Reactive artworks are something that always seem to pique the public interest. At UQAM’s Fashion School in Montreal, one of the most famous designers and professors is Ying Gao. She focuses on interactive garments often exploring ideas such as emotions and other intangibles. In that optic, we wanted to capture or question the feeling of power in relation to something that it activated by proximity. Indeed, the viewer becomes the reason the sea is agitated, making them question their agency, literally making waves from their sheer proximity. This reactive agitation looks like a form of agency too, then putting in perspective the concept of agency as a whole. 

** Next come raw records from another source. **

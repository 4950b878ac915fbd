-- ===== src/Events.antt =====
-- What the phases report to a front end: crates/imi-core/src/events.rs, and the compression tag of
-- crates/imi-core/src/common/image.rs that the confirmation shows.
use imi.Common.{ℕ, String, Bytes, Option, Bool, true, false}
use imi.Error.{Detail}

pub data Compression : Type 0 where
  raw gzip xz bzip2 zstd : Compression

-- `Compression::is_compressed`
abbrev pub is_compressed : Compression → Bool
is_compressed raw = false
is_compressed _ = true

-- `Compression::label`
unfoldable pub label : Compression → String
label raw = "raw"
label gzip = "gzip"
label xz = "xz"
label bzip2 = "bzip2"
label zstd = "zstd"

pub data Phase : Type 0 where
  preflight topology claim wipe flash cooldown verify kernel_sync automount : Phase

pub data PhaseOutcome : Type 0 where
  completed failed : PhaseOutcome

pub record Summary : Type 0 where
  pub device : Bytes
  pub model : Option Bytes
  pub device_size : ℕ
  pub image : Bytes
  pub compression : Compression
  pub raw_image_size : Option ℕ

-- One constructor for each call of the sink that returns nothing.
pub data Event : Type 0 where
  phase_started phase_skipped : Phase → Event
  phase_finished : Phase → PhaseOutcome → Event
  progress : Phase → ℕ → Option ℕ → Event
  action warning : Detail → Event
  finished : Bytes → Event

Another artist that has inspired us is Zimoun. Located in Bern, Switzerland, he creates installations that evoke emotional, yet effortless soundscapes using raw materials and numerous motors. While we decided to create a visual rather than audible piece, Zimoun’s works depict an effective method of combining minimalism and simple components to create raw emotion.

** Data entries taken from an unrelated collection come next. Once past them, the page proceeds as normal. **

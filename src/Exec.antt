-- ===== src/Exec.antt =====
-- Actions that change the state of the world and may fail. What was changed before a failure
-- stays changed, so the state comes back beside the error too; `do` is Rust's `?`.
pub mod Ends
pub mod Yields
use imi.Common.{Result, ok, err, Bool, true, false, if◌then◌else◌}
use imi.Error.{Error, Detail, IoKind, context, context_io}

abbrev pub Exec {ℓ κ} : Type ℓ → Type κ → Type (ℓ ⊔ κ)
Exec S A = S → Result Error A × S

module _ {ℓ κ} {S : Type ℓ} {A : Type κ} where
  abbrev pub pure : A → Exec S A
  pure a s = (ok a, s)

  abbrev pub raise : Error → Exec S A
  raise e s = (err e, s)

  abbrev pub lift : Result Error A → Exec S A
  lift r s = (r, s)

  -- a call whose failure is an operating system error, with `.context(...)`
  abbrev pub call : Detail → (S → Result IoKind A × S) → Exec S A
  call d m s = let (r, s') = m s in (context_io d r, s')

  -- `.context(...)` on a call of this crate
  abbrev pub within : Detail → Exec S A → Exec S A
  within d m s = let (r, s') = m s in (context d r, s')

module _ {ℓ κ ι} {S : Type ℓ} {A : Type κ} {B : Type ι} where
  abbrev pub continue : (A → Exec S B) → Result Error A → Exec S B
  continue f (ok a) s = f a s
  continue f (err e) s = (err e, s)

  infixl 5 ◌>>=◌ ◌>>◌
  abbrev pub ◌>>=◌ : Exec S A → (A → Exec S B) → Exec S B
  ◌>>=◌ m f s = let (r, s') = m s in continue f r s'

  abbrev pub ◌>>◌ : Exec S A → Exec S B → Exec S B
  m >> n = m >>= λ _. n

-- a call that cannot fail and returns a value
abbrev pub get {ℓ κ} : {S : Type ℓ} {A : Type κ} → (S → A × S) → Exec S A
get m s = let (a, s') = m s in (ok a, s')

-- a call that cannot fail and returns nothing
abbrev pub act {ℓ} : {S : Type ℓ} → (S → S) → Exec S (Unit {0})
act f s = (ok tt, f s)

After pondering the various permutations of the word “angry,” and following our artistic inspirations, we decided that rather than direct “angry” gestures or movements, we should go with a more abstract appela to the idea.  Various natural phenomena produce what are called “angry” scenes or situations.  We decided to fall back on the old sailor’s description of the sea being “angry under stormy conditions (specifically about force 7 on the Beaufort Scale as a gale at this level triggers small craft warnings in most ports worldwide).  This would be achievable with available materials as a diorama with mobile elements that could hopefully capture the intensity of such a scene.

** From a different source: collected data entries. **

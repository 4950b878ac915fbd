-- ===== src/Host.antt =====
-- What the pipeline calls and does not implement: the front end, the kernel and the image decoders.
-- A host is the state of all that is outside, with one operation for each outside call.
pub mod Disk
pub mod Keep
pub mod Spare
use imi.Common.{ℕ, Bytes, List, Option, Bool, Result}
use imi.Error.{IoKind}
use imi.Events.{Event, Summary, Compression}

-- What one `read` of an image stream yields. `bytes []` is `Ok(0)`.
pub data Read : Type 0 where
  bytes : Bytes → Read
  fails : IoKind → Read

-- A device number, as `(major, minor)`
abbrev pub Devt : Type 0
Devt = ℕ × ℕ

-- The fields of `stat` and `std::fs::metadata` that the crate reads.
pub record Stat : Type 0 where
  pub format : ℕ  -- st_mode & S_IFMT
  pub rdev : Devt
  pub dev : Devt
  pub ino : ℕ
  pub len : ℕ

pub record Host : Type 1 where
  pub World : Type 0
  -- the caller: `Events`, the cancel flag
  pub emit : Event → World → World
  pub confirm : Summary → World → Bool × World
  pub load_cancel : World → Bool × World
  -- time, in nanoseconds
  pub now : World → ℕ × World
  pub sleep : ℕ → World → World
  pub deadline : ℕ → World → Option ℕ × World  -- Instant::now().checked_add
  -- the image: its file, and what the reads of the opened file yield through a decoder
  pub open_file : Bytes → World → Result IoKind (Unit {0}) × World
  pub seek_start : World → Result IoKind (Unit {0}) × World
  pub new_zstd : World → Result IoKind (Unit {0}) × World  -- zstd::Decoder::with_buffer
  pub reads : Compression → World → List Read × World
  pub alloc : World → Result IoKind (Unit {0}) × World
  -- the claimed device
  pub write_all_at : Bytes → ℕ → World → Result IoKind (Unit {0}) × World
  pub read_exact_at : ℕ → ℕ → World → Result IoKind Bytes × World
  pub fdatasync : World → Result IoKind (Unit {0}) × World
  pub get_flags : World → Result IoKind ℕ × World
  pub set_flags : ℕ → World → Result IoKind (Unit {0}) × World
  pub flush_cache : World → Result IoKind (Unit {0}) × World  -- BLKFLSBUF
  pub reread_table : World → Result IoKind (Unit {0}) × World  -- BLKRRPART
  pub claimed_rdev : World → Result IoKind Devt × World  -- fstat
  pub claimed_size : World → Result IoKind ℕ × World  -- BLKGETSIZE64
  pub open_exclusive : Bytes → World → Result IoKind (Unit {0}) × World
  pub release : World → World
  -- the file system and the mount table
  pub is_root : World → Bool × World
  pub canonicalize : Bytes → World → Result IoKind Bytes × World
  pub stat : Bytes → World → Result IoKind Stat × World
  pub exists : Bytes → World → Bool × World
  pub read_to_string : Bytes → World → Result IoKind Bytes × World
  pub read_dir : Bytes → World → Result IoKind (List (Result IoKind Bytes)) × World  -- with what each entry yields
  pub read_link : Bytes → World → Result IoKind Bytes × World
  pub read_magic : Bytes → World → Result IoKind Bytes × World
  -- another device, opened to read
  pub open_read_only : Bytes → World → Result IoKind (Unit {0}) × World
  pub opened_size : World → Result IoKind ℕ × World  -- BLKGETSIZE64
  pub opened_ro : World → Result IoKind ℕ × World  -- BLKROGET
  pub close_opened : World → World
  pub umount : Bytes → World → Result IoKind (Unit {0}) × World
  pub swapoff : Bytes → World → Result IoKind (Unit {0}) × World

We were intrigued by the idea of creating an automaton using paper. Fourteen Balls Automata provided various pieces we used for both inspiration, as well as a guide to explore various techniques to make an automaton work properly. We also used Robives.com Design for Paper Animation as a resource for mechanisms in paper animations. We specifically used Rob Ive’s cam system guide to make our boat move up and down in our diorama.

Bibliography

ARCSTREET.COM. “‘FASHIONING THE INTANGIBLE’ : YING GAO CONCEPTUAL CLOTHING / NOV 14 – DEC 15, 2013 / ‘UQAM CENTRE DE DESIGN’ / MONTREAL, QUEBEC – Arc Street Journal / En Mode Art Fashion Design Style Music Architecture News.” Arc Street Journal, 18 Nov. 2013, www.arcstreet.com/article-fashioning-the-intangible-ying-gao-conceptual-clothing-nov-14-dec-15-2013-uqam-centre-de-121181666.html.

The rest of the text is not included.